§ **INPUT DATA**:
Content starts
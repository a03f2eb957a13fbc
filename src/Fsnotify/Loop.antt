-- ===== src/Fsnotify/Loop.antt =====
-- fsnotify/filewatcher.go: the thread runLoop, over what its select receives. Go's map failedPaths
-- is an association list, whose order is that in which Go ranges over it.
use hotload.Prelude.{String, Bool, true, false, List, [], ◌∷◌, insert, erase, if◌then◌else◌}
use hotload.State.{ok, err}
use hotload.Registry.{Outcome, returns, panics}
use hotload.Fsnotify.{Strategy, resync, set_val}

-- An event has a path, and whether it is a Write or a Remove.
pub data Signal : Type 0 where
  event : String → Bool → Signal
  events_closed watcher_error errors_closed resync_timeout : Signal

pub record Loop : Type 0 where
  pub strategy : Strategy
  pub failed_paths : List (String × Unit {0})
  pub returned : Bool

-- resync and then setVal, or its error, for one path. `fixed` is whether it succeeded.
unfoldable pub refresh : Strategy → String → Outcome (Strategy × Bool)
unfolding resync set_val
refresh s pth =
    let (s', r) = resync s pth in
    elim r [
      | err x ↦ returns (s', false)
      | ok val ↦ elim (set_val s' pth val) [ panics ↦ panics | returns t ↦ returns (t, true) ]
    ]

unfoldable pub on_event : Loop → String → Outcome Loop
unfolding refresh insert
on_event l pth = elim (refresh l.strategy pth) [
  | panics ↦ panics
  | returns (t, fixed) ↦ returns (record l {
    strategy = t;
    failed_paths = if fixed then l.failed_paths else insert pth tt l.failed_paths;
  })
]

-- The loop over failedPaths, with the paths that were fixed.
unfoldable pub retry_paths : Strategy → List (String × Unit {0}) → Outcome (Strategy × List String)
unfolding refresh
retry_paths s [] = returns (s, [])
retry_paths s ((pth, u) ∷ rest) = elim (refresh s pth) [
  | panics ↦ panics
  | returns (t, fixed) ↦ elim (retry_paths t rest) [
    | panics ↦ panics
    | returns (v, paths) ↦ returns (v, if fixed then pth ∷ paths else paths)
  ]
]

unfoldable pub delete_paths : List String → List (String × Unit {0}) → List (String × Unit {0})
unfolding erase
delete_paths [] failed = failed
delete_paths (pth ∷ fixed) failed = delete_paths fixed (erase pth failed)

-- One turn, from the moment the select is entered. Close leaves the watcher nil, and the select's call of its GetEvents then panics.
unfoldable pub turn : Loop → Signal → Outcome Loop
unfolding on_event retry_paths delete_paths
turn l sig =
    let received : Outcome Loop = elim sig [
      | event pth changes ↦ if changes then on_event l pth else returns l
      | events_closed ↦ returns (record l { returned = true })
      | watcher_error ↦ returns l
      | errors_closed ↦ returns (record l { returned = true })
      | resync_timeout ↦ elim (retry_paths l.strategy l.failed_paths) [
        | panics ↦ panics
        | returns (t, fixed) ↦
            returns (record l { strategy = t; failed_paths = delete_paths fixed l.failed_paths })
      ]
    ] in
    if l.strategy.has_watcher then received else panics

-- `runLoop` over the signals that it receives.
unfoldable pub event_loop : Loop → List Signal → Outcome Loop
unfolding turn
event_loop l [] = returns l
event_loop l (sig ∷ sigs) = elim (turn l sig) [
  | panics ↦ panics
  | returns k ↦ let rest = event_loop k sigs in if k.returned then returns k else rest
]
Content ends
Search the records for lines holding the word "whether", then copy each line you find.

-- An event has a path, and whether it is a Write or a Remove.
-- resync and then setVal, or its error, for one path. `fixed` is whether it succeeded.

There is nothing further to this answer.